”Not wond’ring at the present, nor the past”: Dreaming through Time and Space in Shakespeare
Abstract
While the topics of time, space (including geography), and dreams in Shakespeare’s works have been examined individually by critics of different theoretical persuasions, this chapter moves beyond these studies by linking some of Shakespeare’s dizzying conceptions of time and space directly to his interest in dreams. The chapter shows that, in the plays of A Midsummer Night’s Dream (1595), The Taming of the Shrew (c.1591), King Lear, and Cymbeline (1610), Shakespeare uses dreams and their topsy-turvy temporal and spatial logic to create moments of comic or tragic confusion for his characters.

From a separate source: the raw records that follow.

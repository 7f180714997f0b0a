-- ===== src/Rga/Roots.antt =====
-- Left neighbours stand before their nodes, so that the walk of `rootAncestor` ends.
use cs4730_collaborative_tex.Base.{
  ℕ, zero, suc, ◌+◌, ◌-◌, ◌≤◌, ◌<◌, ◌≡◌, ◌≢◌, refl, sym, ap, subst, ◌∙◌, ◌⊎◌, inl, inr, List, [],
  ◌∷◌, none, some, arith, length, Bool-cases, Option-cases, or_else, if◌then◌else◌,
}
use cs4730_collaborative_tex.Base.Eq.{◌==◌}
use cs4730_collaborative_tex.Rga.{
  CharId, id_beq_iff, id_eq, sentinel, Node, find, root_loop, root_ancestor, goes_behind, place,
  insert_behind, tombstone,
}

-- Each node's left neighbour is the sentinel, a node before it, or one of `known`.
abbrev pub Linked : (CharId → Type 0) → List Node → Type 0
Linked known [] = Unit
Linked known (n ∷ ns) = ((n.left ≡ sentinel) ⊎ known n.left) × Linked (λ i. (i ≡ n.id) ⊎ known i) ns

pub Linked-mono :
    (P Q : CharId → Type 0) (ns : List Node)
    → ((i : CharId) → P i → Q i)
    → Linked P ns
    → Linked Q ns
Linked-mono P Q [] f h = tt
Linked-mono P Q (n ∷ ns) f (here, h) = (
  elim here [ inl e ↦ inl e | inr k ↦ inr (f n.left k) ],
  Linked-mono (λ i. (i ≡ n.id) ⊎ P i) (λ i. (i ≡ n.id) ⊎ Q i) ns
      (λ i q. elim q [ inl e ↦ inl e | inr k ↦ inr (f i k) ]) h,
)

place-Linked :
    (P : CharId → Type 0) (seq : List Node) (node : Node) (ms : List Node)
    → P node.left
    → Linked P ms
    → Linked P (place seq node ms)
unfolding place
place-Linked P seq node [] p h = (inr p, tt)
place-Linked P seq node (m ∷ ms) p h = elim (Bool-cases (goes_behind seq node.id node.left m.id)) [
  | inl e ↦ rw e (h.0, place-Linked (λ i. (i ≡ m.id) ⊎ P i) seq node ms (inr p) h.1)
  | inr e ↦ rw e (inr p, Linked-mono P (λ i. (i ≡ node.id) ⊎ P i) (m ∷ ms) (λ i k. inr k) h)
]

pub insert_behind-Linked :
    (P : CharId → Type 0) (seq : List Node) (node : Node) (ms r : List Node)
    → Linked P ms
    → insert_behind seq node ms ≡ some r
    → Linked P r
unfolding insert_behind
insert_behind-Linked P seq node [] r h e = absurd (cc)
insert_behind-Linked P seq node (m ∷ ms) r h e = elim (Bool-cases (m.id == node.left)) [
  | inl here ↦
      let same : m ∷ place seq node ms ≡ r = ground (arith, here) in
      let left : node.left ≡ m.id = sym ((id_beq_iff m.id node.left).0 here) in
      subst (Linked P) same (h.0, place-Linked (λ i. (i ≡ m.id) ⊎ P i) seq node ms (inl left) h.1)
  | inr further ↦ elim (Option-cases (insert_behind seq node ms)) [
    | inl lost ↦ absurd (ground (arith, further, lost))
    | inr (s, found) ↦
        let same : m ∷ s ≡ r = ground (arith, further, found) in
        subst (Linked P) same
          (h.0, insert_behind-Linked (λ i. (i ≡ m.id) ⊎ P i) seq node ms s h.1 found)
  ]
]

pub tombstone-Linked :
    (P : CharId → Type 0) (id : CharId) (ns : List Node) → Linked P ns → Linked P (tombstone id ns)
unfolding tombstone
tombstone-Linked P id [] h = tt
tombstone-Linked P id (n ∷ ns) h = elim (Bool-cases (n.id == id)) [
  | inl e ↦ rw e h
  | inr e ↦ rw e (h.0, tombstone-Linked (λ i. (i ≡ n.id) ⊎ P i) id ns h.1)
]

-- The number of nodes before the one with the id.
position : CharId → List Node → ℕ
position id [] = 0
position id (n ∷ ns) = let p = position id ns in if n.id == id then 0 else suc p

find-Linked :
    (P : CharId → Type 0) (id : CharId) (ns : List Node) (n : Node)
    → Linked P ns
    → find id ns ≡ some n
    → (n.left ≡ sentinel) ⊎ (P n.left ⊎ (position n.left ns < position id ns))
unfolding find position
find-Linked P id [] n h e = absurd (cc)
find-Linked P id (m ∷ ns) n h e = elim (Bool-cases (m.id == id)) [
  | inl here ↦
      let same : m ≡ n = ground (arith, here) in
      subst
        (λ x. (x.left ≡ sentinel) ⊎ (P x.left ⊎ (position x.left (m ∷ ns) < position id (m ∷ ns))))
        same (elim h.0 [ inl e ↦ inl e | inr k ↦ inr (inl k) ])
  | inr further ↦ elim (find-Linked (λ i. (i ≡ m.id) ⊎ P i) id ns n h.1 (ground (arith, further))) [
    | inl e ↦ inl e
    | inr (inl (inl left)) ↦ inr (inr (ground (arith, further, left, id_beq_iff m.id n.left)))
    | inr (inl (inr k)) ↦ inr (inl k)
    | inr (inr before) ↦ inr (inr (ground (arith, further, before)))
  ]
]

find-position-lt-length :
    (id : CharId) (ns : List Node) (n : Node) → find id ns ≡ some n → position id ns < length ns
unfolding find position
find-position-lt-length id [] n e = absurd (cc)
find-position-lt-length id (m ∷ ns) n e = elim (Bool-cases (m.id == id)) [
  | inl here ↦ ground (arith, here)
  | inr further ↦ ground (arith, further, find-position-lt-length id ns n)
]

pub root_ancestor_found :
    (f : ℕ) (seq : List Node) (id target : CharId) (n : Node)
    → find id seq ≡ some n
    → root_ancestor (suc f) seq id target ≡ (
        if n.left == target
        then id
        else if n.left == sentinel
        then sentinel
        else root_ancestor f seq n.left target)
unfolding root_ancestor root_loop
root_ancestor_found f seq id target n found = ground (arith, found)

pub root_ancestor_lost :
    (f : ℕ) (seq : List Node) (id target : CharId)
    → find id seq ≡ none
    → root_ancestor (suc f) seq id target ≡ sentinel
unfolding root_ancestor root_loop
root_ancestor_lost f seq id target lost = ground (arith, lost)

module _ (seq : List Node) (target : CharId) (linked : Linked (λ _. ⊥) seq) where
  -- One round of the loop, at a node with the id.
  abbrev walk : ℕ → CharId → Node → CharId
  walk f id n =
      if n.left == target
      then id
      else if n.left == sentinel
      then sentinel
      else root_ancestor f seq n.left target

  walk-step :
      (f : ℕ) (id : CharId) (n : Node)
      → position id seq < suc f
      → ((i : CharId)
          → position i seq < f
          → root_ancestor (suc f) seq i target ≡ root_ancestor f seq i target)
      → (n.left ≡ sentinel) ⊎ (⊥ ⊎ (position n.left seq < position id seq))
      → walk (suc f) id n ≡ walk f id n
  walk-step f id n h step (inl e) = ground (arith, e, id_beq_iff n.left sentinel)
  walk-step f id n h step (inr (inl k)) = absurd k
  walk-step f id n h step (inr (inr before)) =
      ap (λ r. if n.left == target then id else if n.left == sentinel then sentinel else r)
        (step n.left (omega arith))

  root_ancestor-step :
      (f : ℕ) (id : CharId)
      → position id seq < f
      → root_ancestor (suc f) seq id target ≡ root_ancestor f seq id target
  root_ancestor-step zero id h = absurd (omega arith)
  root_ancestor-step (suc f) id h = elim (Option-cases (find id seq)) [
    | inl lost ↦
        root_ancestor_lost (suc f) seq id target lost
        ∙ sym (root_ancestor_lost f seq id target lost)
    | inr (n, found) ↦
        root_ancestor_found (suc f) seq id target n found
        ∙ walk-step f id n h (root_ancestor-step f) (find-Linked (λ _. ⊥) id seq n linked found)
        ∙ sym (root_ancestor_found f seq id target n found)
  ]

  root_ancestor-add :
      (k f : ℕ) (id : CharId)
      → position id seq < f
      → root_ancestor (k + f) seq id target ≡ root_ancestor f seq id target
  root_ancestor-add zero f id h =
      let none_more : 0 + f ≡ f = omega arith in ap (λ g. root_ancestor g seq id target) none_more
  root_ancestor-add (suc k) f id h =
      let one_more : suc k + f ≡ suc (k + f) = omega arith in
      ap (λ g. root_ancestor g seq id target) one_more
      ∙ root_ancestor-step (k + f) id (omega arith)
      ∙ root_ancestor-add k f id h

  root_ancestor_all_lost :
      (f : ℕ) (id : CharId) → find id seq ≡ none → 0 < f → root_ancestor f seq id target ≡ sentinel
  root_ancestor_all_lost zero id lost h = absurd (omega arith)
  root_ancestor_all_lost (suc f) id lost h = root_ancestor_lost f seq id target lost

  -- More rounds than there are nodes change nothing.
  pub root_ancestor_linked :
      (f : ℕ) (id : CharId)
      → 0 < length seq
      → length seq ≤ f
      → root_ancestor f seq id target ≡ root_ancestor (length seq) seq id target
  root_ancestor_linked f id some_node enough = elim (Option-cases (find id seq)) [
    | inl lost ↦
        root_ancestor_all_lost f id lost (omega arith)
        ∙ sym (root_ancestor_all_lost (length seq) id lost some_node)
    | inr (n, found) ↦
        let parts : f ≡ (f - length seq) + length seq = omega arith in
        ap (λ g. root_ancestor g seq id target) parts
        ∙ root_ancestor-add (f - length seq) (length seq) id
            (find-position-lt-length id seq n found)
  ]

  lost_returns :
      (f : ℕ) (id : CharId)
      → find id seq ≡ none
      → 0 < f
      → (r : CharId) × (root_loop f seq id target ≡ some r)
  unfolding root_loop
  lost_returns zero id lost h = absurd (omega arith)
  lost_returns (suc f) id lost h = (sentinel, ground (arith, lost))

  -- The loop returns, if its node stands before so many others.
  root_loop_returns :
      (f : ℕ) (id : CharId)
      → position id seq < f
      → (r : CharId) × (root_loop f seq id target ≡ some r)
  unfolding root_loop
  root_loop_returns zero id h = absurd (omega arith)
  root_loop_returns (suc f) id h = elim (Option-cases (find id seq)) [
    | inl lost ↦ (sentinel, ground (arith, lost))
    | inr (n, found) ↦ elim (Bool-cases (n.left == target)) [
      | inl direct ↦ (id, ground (arith, found, direct))
      | inr indirect ↦ elim (find-Linked (λ _. ⊥) id seq n linked found) [
        | inl stop ↦ (sentinel, ground (arith, found, indirect, stop, id_beq_iff n.left sentinel))
        | inr (inl k) ↦ absurd k
        | inr (inr before) ↦ elim (Bool-cases (n.left == sentinel)) [
          | inl stop ↦ (sentinel, ground (arith, found, indirect, stop))
          | inr go ↦
              let (r, up) = root_loop_returns f n.left (omega arith) in
              (r, ground (arith, found, indirect, go, up))
        ]
      ]
    ]
  ]

  pub root_loop_linked :
      (f : ℕ) (id : CharId)
      → 0 < length seq
      → length seq ≤ f
      → root_loop f seq id target ≡ some (root_ancestor (length seq) seq id target)
  unfolding root_ancestor
  root_loop_linked f id some_node enough =
      let more = root_ancestor_linked f id some_node enough in
      let (r, returned) = returns in
      returned ∙ ap some (sym (ap (λ o. or_else o sentinel) returned) ∙ more)
    where
      returns : (r : CharId) × (root_loop f seq id target ≡ some r)
      returns = elim (Option-cases (find id seq)) [
        | inl lost ↦ lost_returns f id lost (omega arith)
        | inr (n, found) ↦
            let inside = find-position-lt-length id seq n found in
            root_loop_returns f id (omega arith)
      ]

-- The loop of `rootAncestor`, from a node that is its own left neighbour and is neither the target nor
-- the sentinel, has not returned after any number of rounds.
pub root_loop_hangs :
    (f : ℕ) (seq : List Node) (id target : CharId) (n : Node)
    → find id seq ≡ some n
    → n.left ≡ id
    → id ≢ target
    → id ≢ sentinel
    → root_loop f seq id target ≡ none
unfolding root_loop
root_loop_hangs zero seq id target n found cycle other inner = refl
root_loop_hangs (suc f) seq id target n found cycle other inner =
    let again = ap (λ i. root_loop f seq i target) cycle in
    ground (
      arith,
      found,
      cycle,
      id_beq_iff n.left target,
      id_beq_iff n.left sentinel,
      again,
      root_loop_hangs f seq id target n found cycle other inner,
    )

The chapter argues that, in these plays, the characters’ experiences of upside-down spatial and temporal structures as part of (or as a result of) their dreams are not simply tied to dramatic traditions like the comedic convention of misunderstanding and deception (which goes back to classical comedy) but rather reflect a broader cultural understanding of dreams. In fact, putting aside the Renaissance debates about the meanings of dreams (to which an abundance of scholarship has been devoted), the early modern experience of dreams was fundamentally one of temporal and spatial confusion. For example, prophetic dreams and dreams of visitations by the dead, by angels, or by gods – accounts of which abound in the Renaissance – constitute temporal derangements, because they bring the future or the past into the present. Such dreams are mostly found in texts influenced by classical culture or by scriptural passages where God or an angel speaks directly to the dreamer (e.g. Genesis 20:2, Matthew 1:20–23, Matthew 2:13, Matthew 2:19, Numbers 12:6, Job 33:14–18). Shakespeare’s plays themselves contain numerous instances of prophetic or seemingly prophetic dreams: Richard III has a dream in which his victims’ ghosts condemn him to “despair and die”; Calphurnia dreams of Caesar’s murder; Duke Humphrey has a dream that predicts the deaths of the dukes of Somerset and Suffolk; and Brabantio dreams of his daughter Desdemona’s elopement with Othello. While it is of course true that dreams in Shakespeare’s plays come in many forms – they can be not just prophetic or god-sent but also cautionary, demonic, psychophysiological, fictional, or metaphorical – this chapter suggests that Shakespeare repeatedly and consistently depicts the dream state as a condition of temporal and spatial derangement.